October 1, 2004

Gnomedex II

I found where the plugs are, finally. The conference room here has outlets in the floor, groups of two plugs spaced every thirty feet. So of course everybody is clustered around these spots where the outlets are. I was able to find a power strip I could plug into, so my my wife’s three-year-old Vaio now has a nice food source.

Right now the online security panel is going on. Talk has ranged to how easy computers should be to use out of the box, and whether they are appliances or not. As someone said, unless you take it in the bathtub with you, you know your toaster is going to work fine. People expect the same from computers. They’ve also gone on to talk about DRM, and now they’re talking about what power ISPs and OS vendors should (or should not) have to force people to upgrade and keep up with security. Is it the ISP’s responsibility to make sure there are no computers with viruses on their networks? If somebody wants to run Win 98, with no anti-virus software, should anybody be able to stop them? Or should they have the freedom to do what they want?

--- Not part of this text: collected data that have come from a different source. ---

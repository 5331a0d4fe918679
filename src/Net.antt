-- ===== src/Net.antt =====
-- What the proxy calls of Go's package net, as parameters: an address or a mask is its bytes.
use lhotse_agent.Prelude.{Str, Bool, Option}

pub record IpNet : Type 0 where
  pub ip : Str
  pub mask : Str

-- `split_host_port` is the host and the port, or `none` on an error.
pub record Net : Type 0 where
  pub split_host_port : Str → Option (Str × Str)
  pub join_host_port : Str → Str → Str
  pub parse_ip : Str → Option Str
  pub parse_cidr : Str → Option (Str × IpNet)
  pub ip_equal : Str → Str → Bool
  pub contains : IpNet → Str → Bool
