-- ===== src/DomainPolicy.antt =====
-- cmd/proxy/domainpolicy/policy.go: a domain policy is compiled from its document and then asked
-- whether a connection may pass. The rules map and the set of domains are lists with string keys.
pub mod Matching
pub mod Decisions
pub mod Compiling
pub mod Manager
pub mod Examples
use lhotse_agent.Prelude.{
  reverse, ℕ, ◌+◌, ◌≡◌, Bool, true, false, not, ◌&&◌, ◌||◌, List, [], ◌∷◌, ◌++◌, Option, none, some,
  arith, if◌then◌else◌, length, Str, codes, str_eq, is_empty, has_prefix, trim_prefix, has_suffix,
  trim_suffix, trim_space, to_lower, lookup, insert,
}
use lhotse_agent.Net.{Net, IpNet}

abbrev pub direction_inbound : Str
direction_inbound = codes "inbound"

abbrev pub direction_outbound : Str
direction_outbound = codes "outbound"

abbrev pub mode_default_allow : Str
mode_default_allow = codes "default_allow"

abbrev pub mode_default_deny : Str
mode_default_deny = codes "default_deny"

pub record RuleDocument : Type 0 where
  pub direction : Str
  pub mode : Str
  pub allow_list : List Str
  pub block_list : List Str

pub record ConfigDocument : Type 0 where
  pub rules : List RuleDocument

pub record MatcherSet : Type 0 where
  pub domains : List Str
  pub wildcard_domains : List Str
  pub ips : List Str
  pub nets : List IpNet

pub record DirectionPolicy : Type 0 where
  pub mode : Str
  pub allow : MatcherSet
  pub block : MatcherSet

abbrev pub Policy : Type 0
Policy = List (Str × DirectionPolicy)

pub record Decision : Type 0 where
  pub allowed : Bool
  pub reason : Str

pub data Error : Type 0 where
  unsupported_direction unsupported_mode invalid_allow_list invalid_block_list : Str → Error

pub data Result {ℓ} (A : Type ℓ) : Type ℓ where
  ok : A → Result A
  err : Error → Result A

infixl 5 ◌>>=◌
abbrev pub ◌>>=◌ {ℓ κ} : {A : Type ℓ} {B : Type κ} → Result A → (A → Result B) → Result B
ok a >>= f = f a
err e >>= f = err e

-- The host of `host:port`, or the text itself where it does not split.
host_part : Net → Str → Str
host_part net host = elim (net.split_host_port host) [
  | none ↦ host
  | some (parsed_host, port) ↦ parsed_host
]

unbracket : Str → Str
unbracket host = trim_suffix (trim_prefix host (codes "[")) (codes "]")

unfoldable pub normalize_domain : Net → Str → Str
unfolding host_part unbracket
normalize_domain net value =
    let host = trim_space value in
    if is_empty host
    then []
    else to_lower (trim_suffix (unbracket (host_part net host)) (codes "."))

unfoldable pub extract_ip : Net → Str → Option Str
unfolding host_part unbracket
extract_ip net value =
    let host = trim_space value in
    if is_empty host then none else net.parse_ip (unbracket (host_part net host))

unfoldable pub contains_str : List Str → Str → Bool
contains_str [] s = false
contains_str (x ∷ xs) s = str_eq x s || contains_str xs s

-- set.domains[domain] = struct{}{}
add_domain : Str → List Str → List Str
add_domain s xs = if contains_str xs s then xs else xs ++ s ∷ []

empty_set : MatcherSet
empty_set = record { domains = []; wildcard_domains = []; ips = []; nets = [] }

-- strings.Trim(value, "[]")
is_bracket : ℕ → Bool
is_bracket c = str_eq (c ∷ []) (codes "[") || str_eq (c ∷ []) (codes "]")

trim_left_brackets : Str → Str
unfolding is_bracket
trim_left_brackets [] = []
trim_left_brackets (c ∷ s) = if is_bracket c then trim_left_brackets s else c ∷ s

unfoldable pub trim_brackets : Str → Str
unfolding trim_left_brackets
trim_brackets s = reverse (trim_left_brackets (reverse (trim_left_brackets s)))

-- What one value of a list adds to the set; `none` is the error on a wildcard with no suffix.
add_name : MatcherSet → Str → Option MatcherSet
unfolding add_domain
add_name set domain =
    if is_empty domain
    then some set
    else if has_prefix domain (codes "*.")
    then (let suffix = trim_prefix domain (codes "*.") in
        if is_empty suffix
        then none
        else some (record set { wildcard_domains = set.wildcard_domains ++ suffix ∷ [] }))
    else some (record set { domains = add_domain domain set.domains })

add_address : Net → MatcherSet → Str → Option Str → Option MatcherSet
unfolding add_name
add_address net set value (some ip) = some (record set { ips = set.ips ++ ip ∷ [] })
add_address net set value none = add_name set (normalize_domain net value)

add_network : Net → MatcherSet → Str → Option (Str × IpNet) → Option MatcherSet
unfolding add_address trim_brackets
add_network net set value (some (ip, ip_net)) = some (record set { nets = set.nets ++ ip_net ∷ [] })
add_network net set value none = add_address net set value (net.parse_ip (trim_brackets value))

unfoldable pub add_value : Net → MatcherSet → Str → Option MatcherSet
unfolding add_network
add_value net set raw_value =
    let value = trim_space raw_value in
    if is_empty value then some set else add_network net set value (net.parse_cidr value)

-- The loop of compileMatcherSet; the error carries the value as it was written.
compile_values : Net → (Str → Error) → MatcherSet → List Str → Result MatcherSet
unfolding add_value
compile_values net wrap set [] = ok set
compile_values net wrap set (v ∷ vs) = elim (add_value net set v) [
  | none ↦ err (wrap v)
  | some next ↦ compile_values net wrap next vs
]

unfoldable pub compile_matcher_set : Net → (Str → Error) → List Str → Result MatcherSet
unfolding compile_values empty_set
compile_matcher_set net wrap values = compile_values net wrap empty_set values

-- The mode of a rule: trimmed, lower case, and default_allow where it is empty.
unfoldable pub rule_mode : Str → Str
rule_mode raw =
    let mode = to_lower (trim_space raw) in if is_empty mode then mode_default_allow else mode

unfoldable pub compile_rule : Net → RuleDocument → Policy → Result Policy
unfolding rule_mode
compile_rule net rule p =
    let direction = to_lower (trim_space rule.direction) in
    let mode = rule_mode rule.mode in
    if not (str_eq direction direction_inbound) && not (str_eq direction direction_outbound)
    then err (unsupported_direction rule.direction)
    else if not (str_eq mode mode_default_allow) && not (str_eq mode mode_default_deny)
    then err (unsupported_mode rule.mode)
    else do
      allow ← compile_matcher_set net invalid_allow_list rule.allow_list
      block ← compile_matcher_set net invalid_block_list rule.block_list
      ok (insert direction (record { mode = mode; allow = allow; block = block }) p)

unfoldable pub compile_rules : Net → Policy → List RuleDocument → Result Policy
compile_rules net p [] = ok p
compile_rules net p (r ∷ rs) = elim (compile_rule net r p) [
  | err e ↦ err e
  | ok q ↦ compile_rules net q rs
]

unfoldable pub compile : Net → ConfigDocument → Result Policy
compile net doc = compile_rules net [] doc.rules

-- The loop over the wildcard suffixes.
matches_wildcard : Str → List Str → Bool
matches_wildcard domain [] = false
matches_wildcard domain (suffix ∷ rest) =
    (has_suffix domain (codes "." ++ suffix) && not (str_eq domain suffix))
    || matches_wildcard domain rest

matches_ip : Net → Str → List Str → Bool
matches_ip net ip [] = false
matches_ip net ip (item ∷ rest) = net.ip_equal item ip || matches_ip net ip rest

matches_net : Net → Str → List IpNet → Bool
matches_net net ip [] = false
matches_net net ip (network ∷ rest) = net.contains network ip || matches_net net ip rest

matches_domain : MatcherSet → Str → Bool
matches_domain m domain =
    not (is_empty domain)
    && (contains_str m.domains domain || matches_wildcard domain m.wildcard_domains)

matches_address : Net → MatcherSet → Option Str → Bool
matches_address net m none = false
matches_address net m (some ip) = matches_ip net ip m.ips || matches_net net ip m.nets

pub matches : Net → MatcherSet → Str → Option Str → Bool
unfolding matches_domain
matches net m domain ip = matches_domain m domain || matches_address net m ip

abbrev pub allow_all : Decision
allow_all = record { allowed = true; reason = [] }

evaluate_rule : Net → DirectionPolicy → Str → Option Str → Decision
evaluate_rule net rule domain ip =
    if str_eq rule.mode mode_default_allow
    then (if matches net rule.block domain ip
        then record { allowed = false; reason = codes "domain_policy_blocklist" }
        else allow_all)
    else if str_eq rule.mode mode_default_deny
    then (if matches net rule.allow domain ip
        then allow_all
        else record { allowed = false; reason = codes "domain_policy_allowlist" })
    else allow_all

-- Evaluate; the receiver is `none` where the source has a nil *Policy.
pub evaluate : Net → Option Policy → Str → Str → Str → Decision
unfolding evaluate_rule
evaluate net none direction domain target_addr = allow_all
evaluate net (some p) direction domain target_addr = elim (lookup direction p) [
  | none ↦ allow_all
  | some rule ↦ evaluate_rule net rule (normalize_domain net domain) (extract_ip net target_addr)
]

pub record RuleSummary : Type 0 where
  pub summary_mode : Str
  pub allow_count : ℕ
  pub block_count : ℕ

count : MatcherSet → ℕ
count m = length m.domains + length m.wildcard_domains + length m.ips + length m.nets

summarize : DirectionPolicy → RuleSummary
unfolding count
summarize r = record {
  summary_mode = r.mode;
  allow_count = count r.allow;
  block_count = count r.block;
}

summary_rules : Policy → List (Str × RuleSummary)
unfolding summarize
summary_rules [] = []
summary_rules ((direction, rule) ∷ p) = (direction, summarize rule) ∷ summary_rules p

pub summary : Option Policy → List (Str × RuleSummary)
unfolding summary_rules
summary none = []
summary (some p) = summary_rules p
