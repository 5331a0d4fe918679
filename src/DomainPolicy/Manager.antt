-- ===== src/DomainPolicy/Manager.antt =====
-- cmd/proxy/domainpolicy/manager.go: the manager that fetches, caches and applies the policy. Each
-- method is one step; `World` holds what the network, the disk, the JSON decoder and the clock
-- answer during it. An empty lastError and a zero lastRefresh are `none`.
pub mod Freshness
pub mod Scope
use lhotse_agent.Prelude.{
  ℕ, ◌+◌, ◌≡◌, Bool, true, false, not, ◌&&◌, ◌||◌, List, [], ◌∷◌, Option, none, some, if◌then◌else◌,
  Str, codes, str_eq, is_empty, trim_space,
}
use lhotse_agent.Prelude.Int.{ℤ, pos, ltb_ℤ}
use lhotse_agent.Net.{Net}
use lhotse_agent.Remote.{
  Fallible, good, bad, Response, Fetched, body, fetch_error, bad_status, read_response, CacheRead,
  cached, cache_missing, cache_error, SaveFault, no_fault, mkdir_fails, temp_fails, write_fails,
  close_fails, rename_fails, Disk,
}
use lhotse_agent.DomainPolicy.{
  Policy, ConfigDocument, Decision, RuleSummary, compile, evaluate, summary, allow_all,
  direction_inbound, direction_outbound,
}
use lhotse_agent.DomainPolicy

abbrev pub scope_inbound : Str
scope_inbound = codes "inbound"

abbrev pub scope_outbound : Str
scope_outbound = codes "outbound"

abbrev pub scope_both : Str
scope_both = codes "both"

-- Durations are counted in milliseconds.
pub record Options : Type 0 where
  pub url : Str
  pub cache_file : Str
  pub refresh_interval : ℤ
  pub fetch_timeout : ℤ
  pub scope : Str
  pub app_name : Str
  pub instance_ip : Str

pub data Error : Type 0 where
  app_name_required instance_ip_required : Error
  instance_ip_lookup request_failed invalid_json : Str → Error
  status_failed : ℕ → Error
  invalid_policy : DomainPolicy.Error → Error

pub record Manager : Type 0 where
  pub options : Options
  pub policy : Option Policy
  pub source : Str
  pub last_refresh : Option ℕ
  pub last_error : Option Error
  pub stopped : Bool

pub record World : Type 0 where
  pub net : Net
  pub http_get : Str → Str → Str → Fallible Response
  pub unmarshal : Str → Fallible ConfigDocument
  pub read_cache : CacheRead
  pub save_fault : SaveFault
  pub local_ip : Fallible Str
  pub now : ℕ

pub data Outcome {ℓ} (A : Type ℓ) : Type ℓ where
  done : A → Outcome A
  failed : Error → Outcome A

abbrev or_default : Str → Str → Str
or_default s d = if is_empty s then d else s

pub new_manager : Options → Manager
new_manager o = record {
  options = record o {
    scope = or_default o.scope scope_outbound;
    fetch_timeout = if ltb_ℤ (pos 0) o.fetch_timeout then o.fetch_timeout else pos 5000;
    cache_file = or_default o.cache_file (codes "/tmp/lhotse-domain-policy-cache.json");
  };
  policy = none;
  source = [];
  last_refresh = none;
  last_error = none;
  stopped = false;
}

unfoldable pub enabled : Manager → Bool
enabled m = not (is_empty (trim_space m.options.url))

set_policy : Option Policy → Str → Option Error → ℕ → Manager → Manager
set_policy p source e now m = record m {
  policy = p;
  source = source;
  last_refresh = some now;
  last_error = e;
}

set_error : Error → Manager → Manager
set_error e m = record m { last_error = some e }

pub new_static_manager : Option Policy → Str → ℕ → Manager
unfolding set_policy
new_static_manager p scope now = set_policy p (codes "static") none now (
    new_manager (record {
      url = codes "static";
      cache_file = [];
      refresh_interval = pos 0;
      fetch_timeout = pos 0;
      scope = scope;
      app_name = [];
      instance_ip = [];
    }))

-- Parse
compiled : DomainPolicy.Result Policy → Outcome Policy
compiled (DomainPolicy.ok p) = done p
compiled (DomainPolicy.err e) = failed (invalid_policy e)

parse_document : World → Fallible ConfigDocument → Outcome Policy
unfolding compiled
parse_document w (good doc) = compiled (compile w.net doc)
parse_document w (bad e) = failed (invalid_json e)

unfoldable pub parse : World → Str → Outcome Policy
unfolding parse_document
parse w text = parse_document w (w.unmarshal text)

unfoldable pub fetch : World → Manager → Fetched
fetch w m = read_response (w.http_get m.options.url m.options.app_name m.options.instance_ip)

-- saveCache: the body reaches the cache file by a rename, the last of its steps. A temporary file
-- is removed where writing or closing it fails, and stays where the rename fails.
write_cache : SaveFault → Str → Disk → Disk
write_cache no_fault text d = record d { cache = some text }
write_cache mkdir_fails text d = d
write_cache temp_fails text d = d
write_cache write_fails text d = d
write_cache close_fails text d = d
write_cache rename_fails text d = record d { temps = d.temps + 1 }

pub save_cache : World → Manager → Str → Disk → Disk
unfolding write_cache
save_cache w m text d = if is_empty m.options.cache_file then d else write_cache w.save_fault text d

-- A step of the manager: its new state, what is on the disk, and the error that it returns.
pub record Stepped : Type 0 where
  pub manager : Manager
  pub disk : Disk
  pub result : Outcome (Unit {0})

abbrev fail_with : Error → Manager → Disk → Stepped
fail_with e m d = record { manager = set_error e m; disk = d; result = failed e }

apply_policy : World → Str → Manager → Disk → Outcome Policy → Stepped
unfolding set_error set_policy
apply_policy w text m d (failed e) = fail_with e m d
apply_policy w text m d (done p) =
    let m' = set_policy (some p) (codes "remote") none w.now m in
    record { manager = m'; disk = save_cache w m' text d; result = done tt }

apply_fetched : World → Manager → Disk → Fetched → Stepped
unfolding apply_policy set_error
apply_fetched w m d (fetch_error e) = fail_with (request_failed e) m d
apply_fetched w m d (bad_status n) = fail_with (status_failed n) m d
apply_fetched w m d (body text) = apply_policy w text m d (parse w text)

unfoldable pub reload : World → Manager → Disk → Stepped
unfolding apply_fetched set_error
reload w m d =
    if not (enabled m)
    then record { manager = m; disk = d; result = done tt }
    else if is_empty (trim_space m.options.app_name)
    then fail_with app_name_required m d
    else if is_empty (trim_space m.options.instance_ip)
    then fail_with instance_ip_required m d
    else apply_fetched w m d (fetch w m)

load_parsed : World → Manager → Outcome Policy → Manager
unfolding set_policy
load_parsed w m (failed e) = m
load_parsed w m (done p) = set_policy (some p) (codes "cache") none w.now m

load_read : World → Manager → CacheRead → Manager
unfolding load_parsed
load_read w m (cached text) = load_parsed w m (parse w text)
load_read w m cache_missing = m
load_read w m (cache_error e) = m

-- loadCache; its error is only logged.
pub load_cache : World → Manager → Manager
unfolding load_read
load_cache w m = if is_empty m.options.cache_file then m else load_read w m w.read_cache

resolve_ip : World → Manager → Manager
unfolding set_error
resolve_ip w m = if not (is_empty m.options.instance_ip) then m else elim w.local_ip [
  | good ip ↦ record m { options = record m.options { instance_ip = ip } }
  | bad e ↦ set_error (instance_ip_lookup e) m
]

-- Start; the flag says whether the refresh loop is started. The load of the cache and the reload
-- each have their own answers of the world.
pub start : World → World → Manager → Disk → Manager × Disk × Bool
unfolding resolve_ip
start w w' m d =
    if not (enabled m)
    then (m, d, false)
    else (let r = reload w' (load_cache w (resolve_ip w m)) d in
        (r.manager, r.disk, ltb_ℤ (pos 0) m.options.refresh_interval))

-- refreshLoop: what its select receives, in order.
pub data LoopEvent : Type 0 where
  tick : World → LoopEvent
  stop : LoopEvent

pub refresh_loop : List LoopEvent → Manager → Disk → Manager × Disk
refresh_loop [] m d = (m, d)
refresh_loop (stop ∷ es) m d = (m, d)
refresh_loop (tick w ∷ es) m d = let r = reload w m d in refresh_loop es r.manager r.disk

pub stop_manager : Manager → Manager
stop_manager m = record m { stopped = true }

pub direction_enabled : Manager → Str → Bool
direction_enabled m direction =
    if str_eq m.options.scope scope_both
    then true
    else if str_eq m.options.scope scope_inbound
    then str_eq direction direction_inbound
    else str_eq direction direction_outbound

pub manager_evaluate : Net → Manager → Str → Str → Str → Decision
manager_evaluate net m direction domain target =
    if not (enabled m) || not (direction_enabled m direction)
    then allow_all
    else evaluate net m.policy direction domain target

-- The durations and times are numbers here, which the source prints.
pub record Status : Type 0 where
  pub is_enabled : Bool
  pub url : Str
  pub cache_file : Str
  pub refresh_interval : ℤ
  pub scope : Str
  pub app_name : Str
  pub instance_ip : Str
  pub source : Str
  pub last_refresh : Option ℕ
  pub last_error : Option Error
  pub rules : List (Str × RuleSummary)

pub status : Manager → Status
status m = record {
  is_enabled = enabled m;
  url = m.options.url;
  cache_file = m.options.cache_file;
  refresh_interval = m.options.refresh_interval;
  scope = m.options.scope;
  app_name = m.options.app_name;
  instance_ip = m.options.instance_ip;
  source = m.source;
  last_refresh = m.last_refresh;
  last_error = m.last_error;
  rules = summary m.policy;
}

In general, since the internet is supposedly for everyone, how do we stop the incompetent people from destroying it?

James Roberts, in the audience, just proposed that ISPs should charge more for people who are using older, insecure software. As he said, if the ISP charges $200 more per year, or goes the other way and gives you a discount for being up-to-date and secure, there’s the money for your Windows XP upgrade.